First resignation vote
| Candidate | Vote | % |
| For resignation | 48 | 60.76 |
| Against resignation | 31 | 39.24 |
| Total | 79 | ? |
| Abstain | ? | ? |
Blank/Invalid
| Total votes | ? | 100.00 |
Source: Wprost

Since the vote to accept the resignation fell under the required absolute majority of 52, Wojciechowski's first resignation was rejected.

Second resignation vote
| Candidate | Vote | % |
| For resignation | 53 | 70.67 |
| Against resignation | 22 | 29.33 |
| Total | 75 | ? |
| Abstain | ? | ? |
Blank/Invalid
| Total votes | ? | 100.00 |
Source: Wprost

=== Party chairman ===

Election for party chairman
| Candidate |  | Vote | % |
|  | Waldemar Pawlak | 51 | 70.83 |
|  | Zdzisław Podkański | 21 | 29.17 |
| Total |  | 72 | ? |
| Abstain |  | ? | ? |
Blank/Invalid
| Total votes |  | ? | 100.00 |
Source: ppr.pl

Since neither candidate received the required absolute majority of 52 votes, a vote to accept Pawlak as party chairman with only him as a candidate was held.

Vote to accept Pawlak as party chairman
| Candidate |  | Vote | % |
|  | Waldemar Pawlak | 60 | 84.51 |
| Against |  | 11 | 15.49 |
| Total |  | 71 | ? |
| Abstain |  | ? | ? |
Blank/Invalid
| Total votes |  | ? | 100.00 |
Source: Wprost

== Aftermath ==
Following the election, three deputy chairmen of PSL resigned from their posts: Zbigniew Kuźmiuk, Zdzisław Podkański and Sławomir Juszczyk. They were replaced by Janusz Piechociński, Jan Bury and Witold Perka. Janusz Piechociński would challenge Pawlak's leadership in 2012. He narrowly defeated Pawlak, becoming the new party chairman.
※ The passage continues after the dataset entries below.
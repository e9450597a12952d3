-- ===== src/Engine/Layout/Examples.antt =====
-- A stereo and a mono stem, with rings of eight frames.
use rehearse_kit.Common.{[], ◌∷◌, ok, err, refl, ◌≡◌}
use rehearse_kit.Engine.Layout.{
  RingLayout, frames_not_power, create_ring_layout, lay_out, channel_offsets, is_power_of_two,
}
use rehearse_kit.Engine.Layout.Regions.{IsLayout, create_ring_layout_lem}

abbrev layout : RingLayout
layout = record {
  ring_frames = 8;
  mask = 7;
  ctrl_byte_offset = 0;
  meter_byte_offset = 64;
  stems =
      record { channels = 2; channel_byte_offsets = 160 ∷ 192 ∷ [] }
      ∷ record { channels = 1; channel_byte_offsets = 224 ∷ [] }
      ∷ [];
  total_bytes = 256;
}

layout_eq : create_ring_layout (2 ∷ 1 ∷ []) 8 ≡ ok layout
unfolding create_ring_layout lay_out channel_offsets is_power_of_two
layout_eq = refl

not_a_power : create_ring_layout (2 ∷ []) 12 ≡ err frames_not_power
unfolding create_ring_layout is_power_of_two
not_a_power = refl

create_ring_layout_lem_example : IsLayout (2 ∷ 1 ∷ []) 8 layout
create_ring_layout_lem_example = create_ring_layout_lem (2 ∷ 1 ∷ []) 8 layout layout_eq
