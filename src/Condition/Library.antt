-- ===== src/Condition/Library.antt =====
-- The functions of the standard library and of minio-go that package condition calls, and whose code is
-- not in this repository: strings.ToLower, base64.StdEncoding, s3utils.CheckValidBucketName,
-- and the times and addresses of packages time and net.
use silo_pkg.Prelude.{Bool, Option}
use silo_pkg.Prelude.Bytes.{Bytes}

-- A result `none` is an error.
pub record Library : Type 1 where
  pub to_lower : Bytes → Bytes
  pub decode_base64 : Bytes → Option Bytes
  pub encode_base64 : Bytes → Bytes
  pub check_valid_bucket_name : Bytes → Bool
  -- time.Time; the texts are in the format time.RFC3339
  pub Time : Type 0
  pub parse_time : Bytes → Option Time
  pub format_time : Time → Bytes
  pub time_equal : Time → Time → Bool
  pub after : Time → Time → Bool
  pub before : Time → Time → Bool
  -- net.IP and net.IPNet
  pub Ip : Type 0
  pub IpNet : Type 0
  pub parse_ip : Bytes → Option Ip
  pub parse_cidr : Bytes → Option IpNet
  pub net_contains : IpNet → Ip → Bool
  pub net_string : IpNet → Bytes
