-- ===== src/Condition/Addresses.antt =====
-- policy/condition/ipaddrfunc.go: the condition functions on addresses.
use silo_pkg.Prelude.{
  List, [], ◌∷◌, ◌++◌, Bool, true, false, not, any, Option, none, some, if◌then◌else◌,
}
use silo_pkg.Prelude.Bytes.{Bytes, codes, contains_byte}
use silo_pkg.Condition.Names.Keys.{aws_source_ip}
use silo_pkg.Condition.Values.{Values}
use silo_pkg.Condition.Keys.{Key, get_values_by_key, key_is}
use silo_pkg.Condition.Name.{Name, ip_address, not_ip_address}
use silo_pkg.Condition.Value.{get_string, ValueSet}
use silo_pkg.Condition.Strings.{negated}
use silo_pkg.Condition.Library.{Library}

-- `ipaddrFunc`
pub record IpAddrFunc (IpNet : Type 0) : Type 0 where
  pub n : Name
  pub k : Key
  pub values : List IpNet
  pub negate : Bool

module _ (L : Library) where
  -- the first loop of `eval`; `none` is the early return
  unfoldable pub parse_ips : List Bytes → Option (List L.Ip)
  parse_ips [] = some []
  parse_ips (s ∷ rvalues) = elim (L.parse_ip s) [
    | none ↦ none
    | some ip ↦ elim (parse_ips rvalues) [ none ↦ none | some ips ↦ some (ip ∷ ips) ]
  ]

  -- the second loop
  unfoldable pub some_net_contains : List L.IpNet → List L.Ip → Bool
  some_net_contains nets ips = any (λ ip. any (λ net. L.net_contains net ip) nets) ips

  ip_test : List L.IpNet → Option (List L.Ip) → Bool
  unfolding some_net_contains
  ip_test nets none = false
  ip_test nets (some ips) = some_net_contains nets ips

  -- `ipaddrFunc.eval`
  unfoldable pub ip_eval : IpAddrFunc L.IpNet → Values → Bool
  unfolding ip_test parse_ips
  ip_eval f values = ip_test f.values (parse_ips (get_values_by_key values f.k))

  -- `ipaddrFunc.evaluate`
  unfoldable pub ip_evaluate : IpAddrFunc L.IpNet → Values → Bool
  unfolding ip_eval
  ip_evaluate f values = negated f.negate (ip_eval f values)

  -- an address with no prefix gets /32
  unfoldable pub with_prefix_length : Bytes → Bytes
  unfolding contains_byte
  with_prefix_length s = if not (contains_byte b'/' s) then s ++ codes "/32" else s

  -- `valuesToIPNets`; `none` is the error
  unfoldable pub values_to_ip_nets : ValueSet → Option (List L.IpNet)
  unfolding with_prefix_length get_string
  values_to_ip_nets [] = some []
  values_to_ip_nets (v ∷ values) = elim (get_string v) [
    | none ↦ none
    | some s ↦ elim (L.parse_cidr (with_prefix_length s)) [
      | none ↦ none
      | some net ↦ elim (values_to_ip_nets values) [ none ↦ none | some nets ↦ some (net ∷ nets) ]
    ]
  ]

  -- `newIPAddrFunc`
  unfoldable pub new_ip_addr_func : Bytes → Key → List L.IpNet → Bool → Option (IpAddrFunc L.IpNet)
  unfolding key_is
  new_ip_addr_func n key values negate =
      if not (key_is key aws_source_ip)
      then none
      else some (record {
        n = record { qualifier = []; name = n };
        k = key;
        values = values;
        negate = negate;
      })

  -- `newIPAddressFunc`; the qualifier is not used
  unfoldable pub new_ip_address_func : Key → ValueSet → Bytes → Option (IpAddrFunc L.IpNet)
  unfolding values_to_ip_nets new_ip_addr_func
  new_ip_address_func key values qualifier = elim (values_to_ip_nets values) [
    | none ↦ none
    | some nets ↦ new_ip_addr_func ip_address key nets false
  ]

  -- `newNotIPAddressFunc`
  unfoldable pub new_not_ip_address_func : Key → ValueSet → Bytes → Option (IpAddrFunc L.IpNet)
  unfolding values_to_ip_nets new_ip_addr_func
  new_not_ip_address_func key values qualifier = elim (values_to_ip_nets values) [
    | none ↦ none
    | some nets ↦ new_ip_addr_func not_ip_address key nets true
  ]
PSL emerged with 6.96% of the vote in the upcoming parliamentary election, a decrease of 2.02 pp since 2001. After the election, the party voted for the minority Law and Justice Marcinkiewicz cabinet. In that year's presidential election, it fielded Jarosław Kalinowski as its presidential nominee, who received 1.80% of the vote. After 2007, it governed together with the Civic Platform until the return of Law and Justice to power in 2015.

Wojciechowski, Kuźmiuk and Podkański were removed from PSL in February 2006 after affiliating with the Union for Europe of the Nations without approval of party leadership. Afterwards, they formed the Polish People's Party "Piast", which largely cooperated with Law and Justice.